What is the 'Income Approach'
The income approach is a real estate appraisal method that allows investors to estimate the value of a property by taking the net operating income of the rent collected and dividing it by the capitalization rate. The income approach is typically used for income-producing properties and is one of three popular approaches to appraising real estate. The others are the cost approach and the comparison approach.
BREAKING DOWN 'Income Approach'When using the income approach for purchasing a rental property, an investor considers the amount of income generated and other factors to determine how much the property may sell for under current market conditions. In addition to determining whether the investor may profit from the rental property, a lender will want to know its potential risk of repayment if it extends a mortgage to the investor.

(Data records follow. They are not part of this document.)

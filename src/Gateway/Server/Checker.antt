-- ===== src/Gateway/Server/Checker.antt =====
-- What a login does to the connections of the same user (n_ws_server.go, `registerClient` and
-- `multiTerminalLoginChecker`).
use open_im_server.Base.{
  ℕ, ◌==◌, ◌≡◌, ◌≢◌, refl, ap, ◌∙◌, ◌&&◌, Bool, true, false, not, Bytes, bytes_discrete, List, [],
  ◌∷◌, ◌++◌, map, Option, none, some, Map, contains-append_one, append_one-eq, keep-append,
  if◌then◌else◌, Error, arith, Bool-cases, inl, inr,
}
use mathlib.Core.Logic.{if_pos, if_neg}
use open_im_server.Gateway.Client.{Client}
use open_im_server.Gateway.UserMap
use open_im_server.Gateway.UserMap.{of_platform, without_addrs, get_found, get_all}
use open_im_server.Gateway.UserMap.Laws.{
  get_all-set, delete_clients-deletion, get_all-deletion, some_clients, present,
}
use open_im_server.Gateway.Server.{
  Env, Server, LoginPolicy, defalut_not_kick, pc_and_other, all_login_but_same_term_kick,
  other_policy, close, kick_online_message, kick_all, write_tokens, kick_same_terminal,
  check_policy, multi_terminal_login_checker, admit, register_client,
}

-- Whether the policy has a login close the user's connections of the same platform.
abbrev pub replaces_for : LoginPolicy → Env → Client → Bool
replaces_for defalut_not_kick env c = false
replaces_for pc_and_other env c = not (env.is_pc c.platform_id)
replaces_for all_login_but_same_term_kick env c = true
replaces_for (other_policy n) env c = false

abbrev pub replaces : Env → Client → Bool
replaces env c = replaces_for env.multi_login_policy env c

addrs : List Client → List Bytes
addrs = map (λ c. c.remote_addr)

-- Removing the addresses of a platform's clients leaves no client of the platform.
of_platform-without_addrs :
    (p : ℕ) (pre : List Bytes) (l : List Client)
    → of_platform p (without_addrs (pre ++ map (λ c. c.remote_addr) (of_platform p l)) l) ≡ []
unfolding of_platform without_addrs
of_platform-without_addrs p pre [] = refl
of_platform-without_addrs p pre (x ∷ l) = elim (Bool-cases (x.platform_id == p)) [
  | inl e ↦ ground (
    arith,
    contains-append_one bytes_discrete pre (map (λ c. c.remote_addr) (of_platform p l))
        x.remote_addr,
    append_one-eq pre (map (λ c. c.remote_addr) (of_platform p l)) x.remote_addr,
    of_platform-without_addrs p (pre ++ x.remote_addr ∷ []) l,
  )
  | inr e ↦ ground (arith, of_platform-without_addrs p pre l)
]

clients-kick_all : (cs : List Client) (s : Server) → (kick_all cs s).clients ≡ s.clients
unfolding kick_all kick_online_message close
clients-kick_all [] s = refl
clients-kick_all (c ∷ cs) s = ground (arith, clients-kick_all cs (close c s))

clients-write_tokens :
    (env : Env) (c : Client) (r : Option (Map Bytes ℕ) × Option Error) (s : Server)
    → (write_tokens env c r s).clients ≡ s.clients
unfolding write_tokens
clients-write_tokens env c (none, e) s = refl
clients-write_tokens env c (some m, none) s = refl
clients-write_tokens env c (some m, some e) s = ground arith

clients-kick_same_terminal :
    (env : Env) (ok : Bool) (olds : List Client) (c : Client) (s : Server)
    → (kick_same_terminal env ok olds c s).clients
      ≡ (if ok then (UserMap.delete_clients s.clients c.user_id olds).0 else s.clients)
unfolding kick_same_terminal
clients-kick_same_terminal env true olds c s =
    clients-write_tokens env c (env.get_tokens c.user_id c.platform_id) _
    ∙ clients-kick_all olds
        (record s { clients = (UserMap.delete_clients s.clients c.user_id olds).0 })
clients-kick_same_terminal env false olds c s = refl

clients-check_policy :
    (p : LoginPolicy) (env : Env) (ok : Bool) (olds : List Client) (c : Client) (s : Server)
    → (check_policy p env ok olds c s).clients ≡ (
        if replaces_for p env c && ok
        then (UserMap.delete_clients s.clients c.user_id olds).0
        else s.clients)
unfolding check_policy
clients-check_policy defalut_not_kick env ok olds c s = refl
clients-check_policy pc_and_other env ok olds c s =
    ground (arith, clients-kick_same_terminal env ok olds c s)
clients-check_policy all_login_but_same_term_kick env ok olds c s =
    clients-kick_same_terminal env ok olds c s
clients-check_policy (other_policy n) env ok olds c s = refl

-- The map after the checker: the old clients are gone if the policy has it and there are any.
pub clients-checker :
    (env : Env) (ok : Bool) (olds : List Client) (c : Client) (s : Server)
    → (multi_terminal_login_checker env ok olds c s).clients ≡ (
        if replaces env c && ok
        then (UserMap.delete_clients s.clients c.user_id olds).0
        else s.clients)
unfolding multi_terminal_login_checker
clients-checker env ok olds c s = clients-check_policy env.multi_login_policy env ok olds c s

-- The map after a login, with the checker's effect written out.
abbrev pub checked : Env → Client → UserMap.UserMap → List Client × Bool × Bool → UserMap.UserMap
checked env c u (olds, user_ok, ok) =
    if user_ok && (replaces env c && ok) then (UserMap.delete_clients u c.user_id olds).0 else u

clients-admit :
    (env : Env) (c : Client) (found : List Client × Bool × Bool) (s : Server)
    → (admit env c found s).clients ≡ UserMap.set (checked env c s.clients found) c.user_id c
unfolding admit
clients-admit env c (olds, false, ok) s = refl
clients-admit env c (olds, true, ok) s =
    ap (λ u. UserMap.set u c.user_id c) (clients-checker env ok olds c s)

pub clients-register_client :
    (env : Env) (c : Client) (s : Server)
    → (register_client env c s).clients
      ≡ UserMap.set
          (checked env c s.clients (UserMap.get s.clients c.user_id c.platform_id))
          c.user_id
          c
unfolding register_client
clients-register_client env c s =
    ground (arith, clients-admit env c (UserMap.get s.clients c.user_id c.platform_id) s)

get_found-append_one :
    (all : List Client) (v : Client)
    → get_found v.platform_id (some (all ++ v ∷ []))
      ≡ (of_platform v.platform_id all ++ v ∷ [], true, true)
unfolding get_found of_platform
get_found-append_one all v = ground (
  arith,
  keep-append (λ c. c.platform_id == v.platform_id) all (v ∷ []),
  append_one (of_platform v.platform_id all),
)
  where
    append_one : (l : List Client) → not (UserMap.is_empty (l ++ v ∷ [])) ≡ true
    append_one [] = refl
    append_one (x ∷ l) = refl

pub get-get_found :
    (u : UserMap.UserMap) (key : Bytes) (p : ℕ) → UserMap.get u key p ≡ get_found p (get_all u key)
unfolding UserMap.get get_all
get-get_found u key p = refl

get-set_own :
    (u : UserMap.UserMap) (key : Bytes) (v : Client)
    → UserMap.get (UserMap.set u key v) key v.platform_id
      ≡ (of_platform v.platform_id (some_clients (get_all u key)) ++ v ∷ [], true, true)
unfolding UserMap.get get_all
get-set_own u key v =
    rw (get_all-set u key key v, if_pos (bytes_discrete key key) refl)
      (get_found-append_one (some_clients (get_all u key)) v)

some_clients-present : (l : List Client) → some_clients (present l) ≡ l
some_clients-present [] = refl
some_clients-present (c ∷ l) = refl

-- After the deletion of the clients of a platform none is left.
of_platform-delete_clients :
    (p : ℕ) (u : UserMap.UserMap) (key : Bytes) (all : List Client)
    → get_all u key ≡ some all
    → of_platform p
        (some_clients (get_all (UserMap.delete_clients u key (of_platform p all)).0 key))
      ≡ []
of_platform-delete_clients p u key all e =
    rw
      (
        delete_clients-deletion u key (of_platform p all),
        get_all-deletion _ u key (get_all u key) key refl,
        if_pos (bytes_discrete key key) refl,
        e,
        some_clients-present _,
      )
      (of_platform-without_addrs p [] all)

is_empty-eq : (l : List Client) → UserMap.is_empty l ≡ true → l ≡ []
is_empty-eq [] e = refl
is_empty-eq (c ∷ l) e = cc

-- The clients of the login's platform that the checker leaves.
of_platform-checked :
    (env : Env) (c : Client) (u : UserMap.UserMap) (o : Option (List Client))
    → get_all u c.user_id ≡ o
    → of_platform c.platform_id
        (some_clients (get_all (checked env c u (get_found c.platform_id o)) c.user_id))
      ≡ (if replaces env c then [] else (get_found c.platform_id o).0)
unfolding get_found
of_platform-checked env c u none e = ground arith
of_platform-checked env c u (some all) e = ground (
  arith,
  of_platform-delete_clients c.platform_id u c.user_id all e,
  is_empty-eq (of_platform c.platform_id all),
)

-- After a login the user's connections of its platform are the new one alone, if the policy
-- replaces (the same terminal is kicked, and under `PCAndOther` the client is no PC), and the new
-- one behind those that were there, in their order, if it does not.
pub get-register_client :
    (env : Env) (c : Client) (s : Server)
    → UserMap.get (register_client env c s).clients c.user_id c.platform_id ≡ (
      (if replaces env c then [] else (UserMap.get s.clients c.user_id c.platform_id).0) ++ c ∷ [],
      true,
      true,
    )
get-register_client env c s = rw (
  clients-register_client env c s,
  get-set_own _ c.user_id c,
  get-get_found s.clients c.user_id c.platform_id,
  of_platform-checked env c s.clients (get_all s.clients c.user_id) refl,
)

get_all-checked_ne :
    (env : Env) (c : Client) (u : UserMap.UserMap) (found : List Client × Bool × Bool) (j : Bytes)
    → c.user_id ≢ j
    → get_all (checked env c u found) j ≡ get_all u j
get_all-checked_ne env c u (olds, user_ok, ok) j h = ground (
  arith,
  delete_clients-deletion u c.user_id olds,
  get_all-deletion (without_addrs (map (λ d. d.remote_addr) olds)) u c.user_id (get_all u c.user_id)
      j refl,
)

-- A login changes the connections of no other user.
get_all-register_client_ne :
    (env : Env) (c : Client) (s : Server) (j : Bytes)
    → c.user_id ≢ j
    → get_all (register_client env c s).clients j ≡ get_all s.clients j
get_all-register_client_ne env c s j h =
    rw
      (
        clients-register_client env c s,
        get_all-set _ c.user_id j c,
        if_neg (bytes_discrete c.user_id j) h,
      )
      (get_all-checked_ne env c s.clients _ j h)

Determining Capitalization Rate
When determining the property’s net operating income (NOI), an investor uses market sales of comparable properties for choosing a capitalization rate. For example, when valuing a four-unit apartment building in a specific county, the investor looks at the recent selling prices of similar properties in the same county.
After determining a capitalization rate, the investor adjusts the rate based on the property’s characteristics. For example, the property may have higher-quality tenants than other nearby properties, which would slightly reduce the capitalization rate. On the other hand, the property may be less appealing than others in the area, which would slightly increase the rate. The capitalization rate should be set within 50 basis points of the market average. For example, an average market capitalization rate of 8% most likely values the property between 7.5% and 8.5%.
After calculating the capitalization rate, the investor can divide the rental property’s NOI by that rate. For example, a property with an NOI of $700,000 and a chosen capitalization rate of 8% is worth $8.75 million.
Other Property Considerations With the Income Approach
When using the income approach for purchasing a rental property, an investor must also consider the condition of the property. Potential large repairs that may be needed can substantially cut into future profits.
In addition, an investor should consider how efficiently the property is operating. For example, the landlord may be giving tenants rent reductions in exchange for completing yardwork or other responsibilities. Perhaps specific tenants are facing economic difficulties that should turn around in the next few months, and the landlord does not want to evict them. If rent being collected is not greater than current expenses, the investor will most likely not purchase the property.
An investor must also ascertain how many units on average are empty at any given time. Not receiving full rent from every unit will affect the investor’s income from the property. This is especially important if a property is in great need of repairs and many units are vacant. If the units are not filled on a regular basis, rent collection will be lower than it could be, and purchasing the property may not be in the investor’s best interest.